How much of this is about getting more business into the area for local dive shops and ancillary businesses? How much of this is about an improved marine environment? With complaints about silting and environment degradation now, does this increase the "carrying capacity" of this area for divers, or just bring in more divers?




I used to really like a unique area near Orlando that was out in the boonies, had decent camping, hunting, and fishing, and was off the beaten path. Little did most of us know that the area was also already a "done deal" that just hadn't been implemented yet.

They paved it and called it Disney World. It completely changed that part of the state, and brought in lots of commerce. It has lots to see, but nothing that was there originally.

Very very nice, but very very different.

I guess it's just a matter of what you want.

In this case, the primary "driver" is increasing the quality of the underwater diving experience....with more marine life, with healthier marine life ( from less stress) , from less silting...from less silting....from less silting.....The majority of local businesses have no idea what is going on, and they are not involved in the process. Shana of Pura Vida is also a marine biologist, and while she runs a dive shop, they make their money by running boat trips -- not sending their people to BHB. Pura Vida and Force E and the Hilton and Environmental Resources Management, and the Tourism Development Council would like people to come to Palm Beach from all over the world. If they have any shot at this working in a 5 and 10 year plan, they know that it is critical that they actually increase the quality of the diving at the BHB site now...and this get back to the just mentioned issues like preventing the silting and rototilling behaviors. Boat diving on the offshore reefs and wrecks is really the big push, with serious advertising , but the BHB has already become world famous, and we can't let it degrade. This International Tourism desired does not increase the numbers of people much on the weekend, this is mostly monday through Friday business from people on week long dive vacations. They will have weekdays at the bridge, when the experience is much less crowded. Tourists like this will not use cars, but be shulttled to the BHB.

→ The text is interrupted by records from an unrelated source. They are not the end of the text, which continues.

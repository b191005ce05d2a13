-- ===== src/Tests/Adapters.antt =====
-- The adapters and the FUSE buffers at concrete inputs.
use nautilus_acornfs.Prelude.{
  ℕ, ◌+◌, ◌-◌, ◌*◌, ◌≡◌, ◌⊎◌, refl, true, false, Option, none, some, List, [], ◌∷◌, if◌then◌else◌,
  ◌==◌, slice, leb, ltb, arith,
}
use nautilus_acornfs.Prelude.Text.{Bytes, codes}
use nautilus_acornfs.Prelude.Dict.{lookup}
use nautilus_acornfs.Prelude.Result.{ok, err, permission_error, os_error, file_not_found}
use nautilus_acornfs.Prelude.Exec.{pure}
use nautilus_acornfs.Mounting.{Entry, AcornMeta, Mount}
use nautilus_acornfs.Dfs
use nautilus_acornfs.Dfs.{DoubleSided}
use nautilus_acornfs.Dfs.Paths.{two_side, split-virtual_path}
use nautilus_acornfs.Mmb.Layout.{MmbSlot, slot_bytes, status_locked, status_read_write}
use nautilus_acornfs.Mmb.Slots
use nautilus_acornfs.Fuse.ReadAhead as Fuse
use nautilus_acornfs.Fuse.ReadAhead.{consume_read_ahead, store_read_ahead}
use nautilus_acornfs.Fuse.Reads.Accounts.{IsReadAhead}
use nautilus_acornfs.Fuse.Reads.Hits.{consume_read_ahead_lem}
use nautilus_acornfs.Fuse.Reads.Room.{store_read_ahead-IsReadAhead}
use nautilus_acornfs.Mmb.Slots.{Library, State, Candidate}
use nautilus_acornfs.Mmb.Slots.Locks.{locked_slot}
use nautilus_acornfs.Mmb.Slots.Mounted.{IsBounded, Left, slot_mount-IsBounded}

abbrev meta : AcornMeta
meta = record { load_address = 0; exec_address = 0; access = 0 }

abbrev entry : Entry
entry = record { name = []; is_dir = false; size = 0; path = [] }

-- A mount that counts the calls that change it.
abbrev counter : Mount ℕ
counter = record {
  stat = λ path. pure entry;
  join = λ parent name. pure name;
  iter_entries = λ path. pure [];
  exists = λ path. pure true;
  read_bytes = λ path. pure [];
  acorn_meta = λ path. pure meta;
  free_bytes = pure 100;
  size_bytes = pure 200;
  write_bytes = λ path content n. (ok tt, n + 1);
  remove = λ path force n. (ok tt, n + 1);
  rename = λ a b n. (ok tt, n + 1);
  set_acorn_meta = λ path m n. (ok tt, n + 1);
  validate = pure [];
}

abbrev sides : DoubleSided ℕ
sides = record { side_zero = counter; side_two = counter }

split-virtual_path_example :
    Dfs.split sides (Dfs.virtual_path (codes "2") (codes "$.A:B"))
    ≡ ok (codes "2", counter, codes "$.A:B")
split-virtual_path_example =
    split-virtual_path sides (codes "2") (codes "$.A:B") counter (two_side refl)

no_drive : Dfs.split sides (codes ":1:$.A") ≡ err file_not_found
unfolding Dfs.split
no_drive = refl

abbrev digit : ℕ → Option ℕ
digit c = if leb 48 c then (if ltb c 58 then some (c - 48) else none) else none

abbrev library : Library ℕ (Unit {0})
library = record {
  identify =
      λ offset size. pure (record { filesystem = codes "acorn-dfs"; geometry = some tt } ∷ []);
  open_mount = λ f offset size g. pure counter;
  close_mount = λ m n. n;
  digit_value = digit;
}

abbrev slot : ℕ → ℕ → MmbSlot
slot index status = record {
  index = index;
  label = codes "DISC";
  status = status;
  offset = 8192 + index * slot_bytes;
  display_width = 3;
}

abbrev slots : List MmbSlot
slots = slot 1 status_locked ∷ slot 3 status_read_write ∷ slot 5 status_read_write ∷ []

abbrev idle : State ℕ
idle = record { world = 7; mounts = [] }

slot_one : Slots.split library 2 slots (codes "@1:$.A") ≡ ok (slot 1 status_locked, codes "$.A")
unfolding Slots.split
slot_one = refl

slot_three :
    Slots.split library 2 slots (codes "@3:$.A") ≡ ok (slot 3 status_read_write, codes "$.A")
unfolding Slots.split
slot_three = refl

locked_slot_example :
    (Slots.write_bytes library 2 slots (codes "@1:$.A") (1 ∷ []) idle
      ≡ (err permission_error, idle))
    × (Slots.remove library 2 slots (codes "@1:$.A") true idle ≡ (err permission_error, idle))
    × (Slots.set_acorn_meta library 2 slots (codes "@1:$.A") meta idle
        ≡ (err permission_error, idle))
    × (Slots.available_bytes library 2 slots (codes "@1:$.A") idle ≡ (err permission_error, idle))
    × (Slots.rename library 2 slots (codes "@1:$.A") (codes "@3:$.A") idle
        ≡ (err permission_error, idle))
    × (Slots.rename library 2 slots (codes "@1:$.A") (codes "@1:$.A") idle
        ≡ (err permission_error, idle))
    × (Slots.rename library 2 slots (codes "@3:$.A") (codes "@1:$.A") idle ≡ (err os_error, idle))
locked_slot_example =
    locked_slot library 2 slots (codes "@1:$.A") (codes "$.A") (slot 1 status_locked) (1 ∷ []) true
      meta (codes "@3:$.A") (codes "$.A") (slot 3 status_read_write) idle slot_one slot_three refl

slot_mount-IsBounded_example :
    IsBounded 1 (Slots.slot_mount library 1 (slot 3 status_read_write) idle).1.mounts
    × Left 3 [] (Slots.slot_mount library 1 (slot 3 status_read_write) idle)
slot_mount-IsBounded_example =
    slot_mount-IsBounded library 1 (slot 3 status_read_write) idle (omega arith)
      (record { bound = omega arith; keys = tt })

abbrev state : Fuse.ReadState
state = record {
  next_offset = some 1;
  sequential_reads = 2;
  buffer_offset = 1;
  buffer = 20 ∷ 30 ∷ [];
  buffer_position = 0;
}

-- Handle 4 is open on inode 2, with two bytes read ahead.
abbrev opened : Fuse.State ℕ
opened = record {
  world = 0;
  write_buffers = [];
  dirty = [];
  handles = (4, 2) ∷ [];
  read_states = (4, state) ∷ [];
  lru = (4, tt) ∷ [];
  ahead_size = 2;
  next_fh = 5;
}

abbrev content : Bytes
content = 10 ∷ 20 ∷ 30 ∷ []

abbrev files : ℕ → Option Bytes
files inode = if inode == 2 then some content else none

only_state : (fh : ℕ) (st : Fuse.ReadState) → lookup fh ((4, state) ∷ []) ≡ some st → st ≡ state
only_state fh st found = ground arith

only_inode : (fh inode : ℕ) → lookup fh ((4, 2) ∷ []) ≡ some inode → inode ≡ 2
only_inode fh inode at = ground arith

only_file :
    (inode : ℕ) (file : Bytes) → some 2 ≡ some inode → files inode ≡ some file → file ≡ content
only_file inode file at has = ground arith

opened-IsReadAhead : IsReadAhead files 4 opened
opened-IsReadAhead = record {
  keys = (refl, tt);
  lru_keys = (refl, tt);
  counted = refl;
  within = omega arith;
  listed = λ fh st found some_bytes. ground arith;
  known = λ fh listed. ground arith;
  coherent = λ fh st found inode file at has.
      rw (only_state fh st found, only_file inode file (rw (only_inode fh inode at) refl) has) refl;
}

consume_read_ahead_lem_example :
    (((consume_read_ahead 4 1 1 opened).0 ≡ ok none)
      ⊎ ((consume_read_ahead 4 1 1 opened).0 ≡ ok (some (slice 1 (1 + 1) content))))
    × IsReadAhead files 4 (consume_read_ahead 4 1 1 opened).1
    × ((consume_read_ahead 4 1 1 opened).1.handles ≡ (4, 2) ∷ [])
consume_read_ahead_lem_example =
    consume_read_ahead_lem files 4 4 2 1 1 content opened opened-IsReadAhead refl refl refl
      (omega arith)

store_read_ahead-IsReadAhead_example :
    ((store_read_ahead 4 4 1 (20 ∷ 30 ∷ []) opened).0 ≡ ok tt)
    × IsReadAhead files 4 (store_read_ahead 4 4 1 (20 ∷ 30 ∷ []) opened).1
    × ((store_read_ahead 4 4 1 (20 ∷ 30 ∷ []) opened).1.handles ≡ (4, 2) ∷ [])
store_read_ahead-IsReadAhead_example =
    store_read_ahead-IsReadAhead files 4 4 1 (20 ∷ 30 ∷ []) opened opened-IsReadAhead refl
      (λ inode file at has. rw (only_file inode file at has) refl)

My Looking Glass view on this? I will be asking for dedicated Dive Class areas that keep classes out of the prime photography areas. Some Dive shops are sensitive to this already and not part of the problem. Others --like I saw today at BHB, are still doing "bottom to surface" drills on top of the hydroid forests of Nudiworld near the west nav channel , and I am hoping that this is just because they are not on scubaboard, and have just not thought about what they are doing....Certainly there will be some shops/instructors, that don't care about the hydroids and nudibranchs or the effect of their massive silt storms on the photographers who have driven anywhere from hours to days to get here. I will be asking for enforcement against this behavior, when it is a pattern of behavior, and clear that they do not have the same interests as the park and most of us.
No one wants Homeland Security at the Park. Right now, it is the opposite, with silting terrorists running wild, and effectively spitting on the photographers and tourists. This is also spitting on the future of the Park..... In an earlier post, I discussed the damage potential as similar to a bunch of crazed motocrossers tearing up a horse pasteur....they don't actually kill the horses by impacts, but they destroy the prime grazing, the grasses become sand and useless for grazing...this is the same at BHB with 100 rototilling students 3 days per week, 50 weeks out of the year.....It can't be allowed to continue.... The sustainability of the resource is obviously threatened by the dive instruction classes, without specific areas that are low impact, and a serious change in the way the first dives are run ( with zero skilled overweighted students taken on a tour over the entire park, often in groups of 10 or more. It is carnage, and that can't continue. The snorkel trail may be good for this, but there will need to be a standard plan.
You, and many dozens of other regulars at the park, are thinking about this all the time, and you must have some solutions of your own for the future...Please share them here.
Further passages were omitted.